▸ WHAT IS REQUIRED
Lines before the one containing "sorted = subst" in the records below are to be left out; that line and all after it, through the end, are to be retyped exactly.

[Records contained in a dataset]
════════════════

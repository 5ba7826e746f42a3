-- ===== src/Event/Sorted.antt =====
-- src/native/native_promise.c and src/runtime/vm_event.c: the array of timers stays sorted, by the time they
-- are due and then by the order in which they were registered, and within its bound.
use cscript.Prelude.{
  ℕ, zero, suc, ◌<◌, ◌≤◌, ◌≡◌, ◌⊎◌, refl, sym, ap, arith, Bool, true, false, ◌&&◌, List, [], ◌∷◌,
  length, get_or, tests, if◌then◌else◌, inl, inr, Bool-cases,
}
use mathlib.Core.Path.{subst}
use cscript.Table.Find.{true≢false}
use cscript.Event.{Timer, Timers}
use cscript.Event.Quiet.{Every}
use cscript.Event.Timing.{timers_max, is_after, no_timer, seat, insert_at, insert}

-- One timer fires before another.
abbrev pub Before : Timer → Timer → Type 0
Before t u = (t.due < u.due) ⊎ ((t.due ≡ u.due) × (t.sequence < u.sequence))

abbrev pub IsSorted : List Timer → Type 0
IsSorted [] = Unit
IsSorted (t ∷ ts) = Every (Before t) ts × IsSorted ts

abbrev pub Fresh : ℕ → Timer → Type 0
Fresh n t = t.sequence < n

pub record Holds (ts : Timers) : Type 0 where
  pub sorted : IsSorted ts.entries
  pub fresh : Every (Fresh ts.next_sequence) ts.entries
  pub bound : length ts.entries ≤ timers_max

pub Every-map {ℓ} :
    {A : Type ℓ} {P Q : A → Type 0} (f : (x : A) → P x → Q x) (xs : List A)
    → Every P xs
    → Every Q xs
Every-map f [] h = tt
Every-map f (x ∷ xs) (p, h) = (f x p, Every-map f xs h)

is_after-Before : (t new : Timer) → is_after t new ≡ true → Before new t
is_after-Before t new h = grind tests

-- A timer with a new sequence goes behind one that it does not go before.
Before_not_after :
    (t u new : Timer)
    → is_after u new ≡ false
    → t.due ≤ u.due
    → t.sequence < new.sequence
    → u.sequence < new.sequence
    → Before t new
Before_not_after t u new h d s r = grind tests

Before-le : (t u : Timer) → Before t u → t.due ≤ u.due
Before-le t u h = grind arith

Every-get_or_lt :
    (P : Timer → Type 0) (xs : List Timer) (i : ℕ) (d : Timer)
    → i < length xs
    → Every P xs
    → P (get_or xs i d)
Every-get_or_lt P [] i d l h = absurd (omega arith)
Every-get_or_lt P (x ∷ xs) zero d l (p, h) = p
Every-get_or_lt P (x ∷ xs) (suc i) d l (p, h) = Every-get_or_lt P xs i d (omega arith) h

pub Every-insert_at :
    (P : Timer → Type 0) (n : ℕ) (new : Timer) (xs : List Timer)
    → P new
    → Every P xs
    → Every P (insert_at n new xs)
unfolding insert_at
Every-insert_at P zero new xs p h = (p, h)
Every-insert_at P (suc n) new [] p h = (p, tt)
Every-insert_at P (suc n) new (x ∷ xs) p (q, h) = (q, Every-insert_at P n new xs p h)

pub length-insert_at :
    (n : ℕ) (new : Timer) (xs : List Timer) → length (insert_at n new xs) ≡ suc (length xs)
unfolding insert_at
length-insert_at zero new xs = refl
length-insert_at (suc n) new [] = refl
length-insert_at (suc n) new (x ∷ xs) = ap suc (length-insert_at n new xs)

-- Where the loop stops: at the front, or at a timer that the new one does not go before.
abbrev Stops : Timer → List Timer → ℕ → Type 1
Stops new xs n =
    (n ≡ 0) ⊎ ((u : Timer) × (is_after u new ≡ false) × ((P : Timer → Type 0) → Every P xs → P u))

seat-Stops : (new : Timer) (xs : List Timer) (k : ℕ) → k ≤ length xs → Stops new xs (seat new xs k)
unfolding seat
seat-Stops new xs zero h = inl refl
seat-Stops new xs (suc k) h = elim (Bool-cases (is_after (get_or xs k no_timer) new)) [
  | inl e ↦ rw e (seat-Stops new xs k (omega arith))
  | inr e ↦ inr (get_or xs k no_timer, e, λ P g. Every-get_or_lt P xs k no_timer (omega arith) g)
]

abbrev is_front : ℕ → Bool
is_front zero = true
is_front (suc n) = false

is_front-zero : (n : ℕ) → is_front n ≡ true → n ≡ 0
is_front-zero zero h = refl
is_front-zero (suc n) h = absurd (true≢false (sym h))

pub both_true : (a b : Bool) → (a && b) ≡ true → (a ≡ true) × (b ≡ true)
both_true true b h = (refl, h)
both_true false b h = absurd (true≢false (sym h))

not_front : (n k : ℕ) (b : Bool) → n ≡ (if b then 0 else suc k) → b ≡ false → n ≡ 0 → ⊥
not_front n k true h e x = true≢false e
not_front n k false h e x = omega (arith, h, x)

-- The loop over a list with one more timer at its front.
seat-cons :
    (new t : Timer) (xs : List Timer) (k : ℕ)
    → seat new (t ∷ xs) (suc k)
      ≡ (if is_front (seat new xs k) && is_after t new then 0 else suc (seat new xs k))
unfolding seat
seat-cons new t xs zero = refl
seat-cons new t xs (suc k) = elim (Bool-cases (is_after (get_or xs k no_timer) new)) [
  | inl e ↦ rw e (seat-cons new t xs k)
  | inr e ↦ rw e refl
]

insert-nil : (new : Timer) → insert new [] ≡ new ∷ []
unfolding insert_at seat
insert-nil new = refl

-- What an insertion into a sorted list gives, for a timer with a new sequence.
pub record Inserts (new : Timer) (xs : List Timer) : Type 0 where
  pub sorted : IsSorted (insert new xs)
  pub front : seat new xs (length xs) ≡ 0 → Every (Before new) xs

Every-both :
    {A : Type 0} (P Q : A → Type 0) (xs : List A)
    → Every P xs
    → Every Q xs
    → Every (λ x. P x × Q x) xs
Every-both P Q [] h g = tt
Every-both P Q (x ∷ xs) (p, h) (q, g) = ((p, q), Every-both P Q xs h g)

-- The timer at the front goes before the new one, when that is not put in front of all.
front-Before :
    (new t : Timer) (xs : List Timer)
    → t.sequence < new.sequence
    → Every (Before t) xs
    → Every (Fresh new.sequence) xs
    → (is_front (seat new xs (length xs)) && is_after t new) ≡ false
    → Before t new
front-Before new t xs f b g e = elim (seat-Stops new xs (length xs) (omega arith)) [
  | inl z ↦ Before_not_after t t new (rw z at e) (omega arith) f f
  | inr (u, a, pick) ↦
      let (q, r) =
        pick (λ u. Before t u × Fresh new.sequence u)
          (Every-both (Before t) (Fresh new.sequence) xs b g) in
      Before_not_after t u new a (Before-le t u q) f r
]

pub insert-Inserts :
    (new : Timer) (xs : List Timer) → IsSorted xs → Every (Fresh new.sequence) xs → Inserts new xs
unfolding insert_at
insert-Inserts new [] s f = record {
  sorted = subst IsSorted (sym (insert-nil new)) (tt, tt);
  front = λ e. tt;
}
insert-Inserts new (t ∷ xs) (b, s) (f, g) =
    let rest = insert-Inserts new xs s g in
    let at = seat-cons new t xs (length xs) in
    elim (Bool-cases (is_front (seat new xs (length xs)) && is_after t new)) [
      | inl e ↦
          let (z, a) = both_true (is_front (seat new xs (length xs))) (is_after t new) e in
          let all : Every (Before new) (t ∷ xs) =
            (is_after-Before t new a, rest.front (is_front-zero (seat new xs (length xs)) z)) in
          record { sorted = rw (at, e) (all, (b, s)); front = λ x. all }
      | inr e ↦ record {
        sorted =
            rw (at, e)
              (
                Every-insert_at (Before t) (seat new xs (length xs)) new xs
                    (front-Before new t xs f b g e) b,
                rest.sorted,
              );
        front = λ x. absurd (not_front _ (seat new xs (length xs)) _ at e x);
      }
    ]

════════════════

▸ ANSWER SPACE
  sorted = subst IsSorted (sym (insert-nil new)) (tt, tt);
  front = λ e. tt;
}
insert-Inserts new (t ∷ xs) (b, s) (f, g) =
    let rest = insert-Inserts new xs s g in
    let at = seat-cons new t xs (length xs) in
    elim (Bool-cases (is_front (seat new xs (length xs)) && is_after t new)) [
      | inl e ↦
          let (z, a) = both_true (is_front (seat new xs (length xs))) (is_after t new) e in
          let all : Every (Before new) (t ∷ xs) =
            (is_after-Before t new a, rest.front (is_front-zero (seat new xs (length xs)) z)) in
          record { sorted = rw (at, e) (all, (b, s)); front = λ x. all }
      | inr e ↦ record {
        sorted =
            rw (at, e)
              (
                Every-insert_at (Before t) (seat new xs (length xs)) new xs
                    (front-Before new t xs f b g e) b,
                rest.sorted,
              );
        front = λ x. absurd (not_front _ (seat new xs (length xs)) _ at e x);
      }
    ]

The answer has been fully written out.